*** Opening of SUPPLIED RECORDS ***

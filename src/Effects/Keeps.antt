-- ===== src/Effects/Keeps.antt =====
-- A predicate on the state that each action of a do block keeps.
use md_harness.Prelude.{◌≡◌, refl, Bool, true, false, Option, none, some}
use md_harness.Effects.{
  Error, Result, return, raise, Action, pure, ◌>>=◌, ◌>>◌, and_then, require, require_some,
}

module _ {S : Type 0} (P : S → Type 0) where
  abbrev pub Kept : {A : Type 0} → Action S A → Type 0
  Kept m = (s : S) → P s → P (m s).1

  pub bind_keeps :
      {A B : Type 0} (r : Result A × S) (f : A → Action S B)
      → P r.1
      → ((a : A) (after : S) → r ≡ (return a, after) → P after → P (f a after).1)
      → P (and_then r.0 f r.1).1
  bind_keeps (return a, after) f h rest = rest a after refl h
  bind_keeps (raise e, after) f h rest = h

  pub then_keeps :
      {A B : Type 0} (r : Result A × S) (g : A → B)
      → P r.1
      → P (and_then r.0 (λ a. pure (g a)) r.1).1
  then_keeps (return a, after) g h = h
  then_keeps (raise e, after) g h = h

  pub require_keeps :
      {A : Type 0} (test : Bool) (e : Error) (rest : Action S A) (s : S)
      → P s
      → (test ≡ true → P (rest s).1)
      → P ((require test e >> rest) s).1
  require_keeps true e rest s h k = k refl
  require_keeps false e rest s h k = h

  pub last_keeps : (test : Bool) (e : Error) (s : S) → P s → P (require test e s).1
  last_keeps true e s h = h
  last_keeps false e s h = h

  pub some_keeps :
      {A B : Type 0} (o : Option A) (e : Error) (f : A → Action S B) (s : S)
      → P s
      → ((a : A) → o ≡ some a → P (f a s).1)
      → P ((require_some o e >>= f) s).1
  some_keeps none e f s h k = h
  some_keeps (some a) e f s h k = k a refl

  pub last_some_keeps :
      {A : Type 0} (o : Option A) (e : Error) (s : S) → P s → P (require_some o e s).1
  last_some_keeps none e s h = h
  last_some_keeps (some a) e s h = h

*** Close of SUPPLIED RECORDS ***

Nothing may be omitted. Restate all of the entries exactly.

ANSWER FOR THE TASK —
filename src/Effects/Keeps.antt
-- ===== src/Effects/Keeps.antt =====
-- A predicate on the state that each action of a do block keeps.
use md_harness.Prelude.{◌≡◌, refl, Bool, true, false, Option, none, some}
use md_harness.Effects.{
  Error, Result, return, raise, Action, pure, ◌>>=◌, ◌>>◌, and_then, require, require_some,
}

module _ {S : Type 0} (P : S → Type 0) where
  abbrev pub Kept : {A : Type 0} → Action S A → Type 0
  Kept m = (s : S) → P s → P (m s).1

  pub bind_keeps :
      {A B : Type 0} (r : Result A × S) (f : A → Action S B)
      → P r.1
      → ((a : A) (after : S) → r ≡ (return a, after) → P after → P (f a after).1)
      → P (and_then r.0 f r.1).1
  bind_keeps (return a, after) f h rest = rest a after refl h
  bind_keeps (raise e, after) f h rest = h

  pub then_keeps :
      {A B : Type 0} (r : Result A × S) (g : A → B)
      → P r.1
      → P (and_then r.0 (λ a. pure (g a)) r.1).1
  then_keeps (return a, after) g h = h
  then_keeps (raise e, after) g h = h

  pub require_keeps :
      {A : Type 0} (test : Bool) (e : Error) (rest : Action S A) (s : S)
      → P s
      → (test ≡ true → P (rest s).1)
      → P ((require test e >> rest) s).1
  require_keeps true e rest s h k = k refl
  require_keeps false e rest s h k = h

  pub last_keeps : (test : Bool) (e : Error) (s : S) → P s → P (require test e s).1
  last_keeps true e s h = h
  last_keeps false e s h = h

  pub some_keeps :
      {A B : Type 0} (o : Option A) (e : Error) (f : A → Action S B) (s : S)
      → P s
      → ((a : A) → o ≡ some a → P (f a s).1)
      → P ((require_some o e >>= f) s).1
  some_keeps none e f s h k = h
  some_keeps (some a) e f s h k = k a refl

  pub last_some_keeps :
      {A : Type 0} (o : Option A) (e : Error) (s : S) → P s → P (require_some o e s).1
  last_some_keeps none e s h = h
  last_some_keeps (some a) e s h = h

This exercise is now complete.